(Source data)
-- ===== src/System.antt =====
-- The wrappers of system calls (utils/MapFile.h, utils/SysCmd.h, utils/Monitor.h, utils/Numa.h). What
-- the system answers is an argument, and what is asked of it is told to a log, the last in front.
pub mod Laws
mod Tests
use network_demo.Base.{
  ℕ, zero, suc, ◌+◌, ◌*◌, ◌-◌, ◌^◌, ◌%◌, Bool, true, false, ◌==◌, if◌then◌else◌, List, [], ◌∷◌,
  ◌++◌, Option, none, some,
}
use network_demo.Base.Text.{ℤ, pos, negsuc, codes}

pub data Action : Type 0 where
  opened closed : ℕ → Action
  mapped : (fd length : ℕ) → Action
  unmapped : (addr length : ℕ) → Action
  told_error : (what : List ℕ) → Action
  set_affinity : (target mask : ℕ) → Action

-- A function that returns, or that ends the program.
pub data Ended {ℓ} (A : Type ℓ) : Type ℓ where
  returned : A → List Action → Ended A
  exited : List Action → Ended A

-- `handle_error`
unfoldable pub handle_error {ℓ} : {A : Type ℓ} → List ℕ → List Action → Ended A
handle_error what log = exited (told_error what ∷ log)

-- What `open`, `fstat` and `mmap` answer: a descriptor, the size of the file, an address.
pub record Files : Type 0 where
  pub open_file : Option ℕ
  pub file_size : Option ℕ
  pub map_at : Option ℕ

-- `mmap_file`: the address and the length.
unfoldable pub mmap_file : Files → List Action → Ended (ℕ × ℕ)
unfolding handle_error
mmap_file files log = elim (files.open_file) [
  | none ↦ handle_error (codes "open") log
  | some fd ↦ elim (files.file_size) [
    | none ↦ handle_error (codes "fstat") (opened fd ∷ log)
    | some length ↦ elim (files.map_at) [
      | none ↦ handle_error (codes "mmap") (opened fd ∷ log)
      | some addr ↦ returned (addr, length) (closed fd ∷ mapped fd length ∷ opened fd ∷ log)
    ]
  ]
]

-- `munmap_file`
unfoldable pub munmap_file : (succeeds : Bool) → (addr length : ℕ) → List Action → Ended Bool
unfolding handle_error
munmap_file succeeds addr length log =
    if succeeds
    then returned true (unmapped addr length ∷ log)
    else handle_error (codes "munmap") log

-- A buffer as a C string: the bytes in front of the first zero.
unfoldable pub c_string : List ℕ → List ℕ
c_string [] = []
c_string (zero ∷ bytes) = []
c_string (suc c ∷ bytes) = suc c ∷ c_string bytes

-- The loop of `exeCmd` over the buffers that `fgets` fills.
unfoldable pub read_lines : List (List ℕ) → List ℕ → List ℕ
unfolding c_string
read_lines [] ss = ss
read_lines (line ∷ lines) ss = elim (c_string line) [
  | [] ↦ ss
  | c ∷ cs ↦ read_lines lines (ss ++ (c ∷ cs))
]

-- `exeCmd`, on the pipe that `popen` opens.
unfoldable pub exe_cmd : (pipe : Option ℕ) → List (List ℕ) → List ℕ → List Action → Ended (List ℕ)
unfolding read_lines
exe_cmd none lines cmd log = exited (told_error (codes "Error commend: " ++ cmd) ∷ log)
exe_cmd (some pipe) lines cmd log = returned (read_lines lines []) (closed pipe ∷ opened pipe ∷ log)

-- A `long` as a `size_t`.
unfoldable pub to_size : ℤ → ℕ
to_size (pos n) = n % 2 ^ 64
to_size (negsuc n) = 2 ^ 64 - 1 - n % 2 ^ 64

-- `getPeakRSS` and `getCurrentRSS`, on what the system answers.
unfoldable pub get_peak_rss : (ru_maxrss : ℤ) → ℕ
unfolding to_size
get_peak_rss ru_maxrss = to_size ru_maxrss * 1024 % 2 ^ 64

unfoldable pub get_current_rss :
    (fp : Option ℕ) → (scanned : Option ℤ) → (page_size : ℤ) → List Action → Ended ℕ
unfolding to_size
get_current_rss none scanned page_size log = returned 0 log
get_current_rss (some fp) none page_size log = returned 0 (closed fp ∷ opened fp ∷ log)
get_current_rss (some fp) (some rss) page_size log =
    returned (to_size rss * to_size page_size % 2 ^ 64) (closed fp ∷ opened fp ∷ log)

-- `bindProcessCPU` and `bindThreadCPU`, for the name of the call that they make.
unfoldable pub bind_cpu :
    (call : List ℕ) → (succeeds : Bool) → (target mask : ℕ) → List Action → List Action
bind_cpu call succeeds target mask log =
    let asked = set_affinity target mask ∷ log in
    if succeeds then asked else told_error call ∷ asked

unfoldable pub bind_process_cpu : Bool → (pid mask : ℕ) → List Action → List Action
unfolding bind_cpu
bind_process_cpu succeeds pid mask log = bind_cpu (codes "sched_setaffinity") succeeds pid mask log

unfoldable pub bind_thread_cpu : Bool → (thread mask : ℕ) → List Action → List Action
unfolding bind_cpu
bind_thread_cpu succeeds thread mask log =
    bind_cpu (codes "pthread_setaffinity_np") succeeds thread mask log
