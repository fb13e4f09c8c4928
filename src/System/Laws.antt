-- ===== src/System/Laws.antt =====
-- What the wrappers leave open, and what `exeCmd` collects.
use mathlib.Core.List.{append_assoc, append-nil}
use network_demo.Base.{ℕ, suc, ◌≡◌, refl, ◌∙◌, sym, List, [], ◌∷◌, ◌++◌, Option, none, some}
use network_demo.Base.Text.{ℤ}
use network_demo.System.{
  Action, opened, closed, unmapped, mapped, told_error, set_affinity, Ended, returned, exited,
  handle_error, Files, mmap_file, exe_cmd, get_current_rss, read_lines, c_string,
}

-- How many descriptors are opened less those closed, counted over a log.
unfoldable pub open_count : List Action → ℕ
open_count [] = 0
open_count (opened fd ∷ log) = suc (open_count log)
open_count (closed fd ∷ log) = open_count log
open_count (unmapped a length ∷ log) = open_count log
open_count (mapped fd length ∷ log) = open_count log
open_count (told_error what ∷ log) = open_count log
open_count (set_affinity target mask ∷ log) = open_count log

unfoldable pub close_count : List Action → ℕ
close_count [] = 0
close_count (opened fd ∷ log) = close_count log
close_count (closed fd ∷ log) = suc (close_count log)
close_count (unmapped a length ∷ log) = close_count log
close_count (mapped fd length ∷ log) = close_count log
close_count (told_error what ∷ log) = close_count log
close_count (set_affinity target mask ∷ log) = close_count log

-- The log of a function that has returned; one that ends the program leaves nothing open.
unfoldable pub Balanced {ℓ} : {A : Type ℓ} → Ended A → Type 0
Balanced (returned a log) = open_count log ≡ close_count log
Balanced (exited log) = ◌≡◌ {A = ℕ} 0 0

mmap_file-Balanced :
    (o s m : Option ℕ)
    → Balanced (mmap_file (record { open_file = o; file_size = s; map_at = m }) [])
unfolding Balanced mmap_file handle_error open_count close_count
mmap_file-Balanced none s m = refl
mmap_file-Balanced (some fd) none m = refl
mmap_file-Balanced (some fd) (some size) none = refl
mmap_file-Balanced (some fd) (some size) (some addr) = refl

exe_cmd-Balanced :
    (p : Option ℕ) (lines : List (List ℕ)) (cmd : List ℕ) → Balanced (exe_cmd p lines cmd [])
unfolding Balanced exe_cmd open_count close_count
exe_cmd-Balanced none lines cmd = refl
exe_cmd-Balanced (some p) lines cmd = refl

get_current_rss-Balanced :
    (f : Option ℕ) (n : Option ℤ) (page_size : ℤ) → Balanced (get_current_rss f n page_size [])
unfolding Balanced get_current_rss open_count close_count
get_current_rss-Balanced none n page_size = refl
get_current_rss-Balanced (some f) none page_size = refl
get_current_rss-Balanced (some f) (some n) page_size = refl

-- Whatever the system answers, `mmap_file`, `exeCmd` and `getCurrentRSS` close each file that they
-- open before they return.
all_close :
    (files : Files) (pipe fp : Option ℕ) (lines : List (List ℕ)) (cmd : List ℕ) (scanned : Option ℤ)
    (page_size : ℤ)
    → Balanced (mmap_file files [])
      × Balanced (exe_cmd pipe lines cmd [])
      × Balanced (get_current_rss fp scanned page_size [])
all_close files pipe fp lines cmd scanned page_size = (
  mmap_file-Balanced files.open_file files.file_size files.map_at,
  exe_cmd-Balanced pipe lines cmd,
  get_current_rss-Balanced fp scanned page_size,
)

-- The texts of the lines in front of the first that is empty.
unfoldable pub collected : List (List ℕ) → List ℕ
collected [] = []
collected (line ∷ lines) =
    let rest = collected lines in elim (c_string line) [ [] ↦ [] | c ∷ cs ↦ (c ∷ cs) ++ rest ]

-- `exeCmd` gives back what the command prints, line after line, to the first line that is empty as a
-- C string.
read_lines-collected :
    (lines : List (List ℕ)) (ss : List ℕ) → read_lines lines ss ≡ ss ++ collected lines
unfolding read_lines collected
read_lines-collected [] ss = sym (append-nil ss)
read_lines-collected (line ∷ lines) ss =
    by_text (c_string line) (λ c cs. read_lines-collected lines (ss ++ (c ∷ cs)))
  where
    by_text :
        (text : List ℕ)
        → ((c : ℕ) (cs : List ℕ)
            → read_lines lines (ss ++ (c ∷ cs)) ≡ (ss ++ (c ∷ cs)) ++ collected lines)
        → elim text [ [] ↦ ss | c ∷ cs ↦ read_lines lines (ss ++ (c ∷ cs)) ]
          ≡ ss ++ elim text [ [] ↦ [] | c ∷ cs ↦ (c ∷ cs) ++ collected lines ]
    by_text [] h = sym (append-nil ss)
    by_text (c ∷ cs) h = h c cs ∙ append_assoc ss (c ∷ cs) (collected lines)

■ **WHAT YOU SHOULD DO**:
A word-for-word copy of the lines above from the one with "(files : Files)" through the one with "let rest = collected", inclusive, is the only output wanted.

■ **TASK RESULT**:
    (files : Files) (pipe fp : Option ℕ) (lines : List (List ℕ)) (cmd : List ℕ) (scanned : Option ℤ)
    (page_size : ℤ)
    → Balanced (mmap_file files [])
      × Balanced (exe_cmd pipe lines cmd [])
      × Balanced (get_current_rss fp scanned page_size [])
all_close files pipe fp lines cmd scanned page_size = (
  mmap_file-Balanced files.open_file files.file_size files.map_at,
  exe_cmd-Balanced pipe lines cmd,
  get_current_rss-Balanced fp scanned page_size,
)

-- The texts of the lines in front of the first that is empty.
unfoldable pub collected : List (List ℕ) → List ℕ
collected [] = []
collected (line ∷ lines) =
    let rest = collected lines in elim (c_string line) [ [] ↦ [] | c ∷ cs ↦ (c ∷ cs) ++ rest ]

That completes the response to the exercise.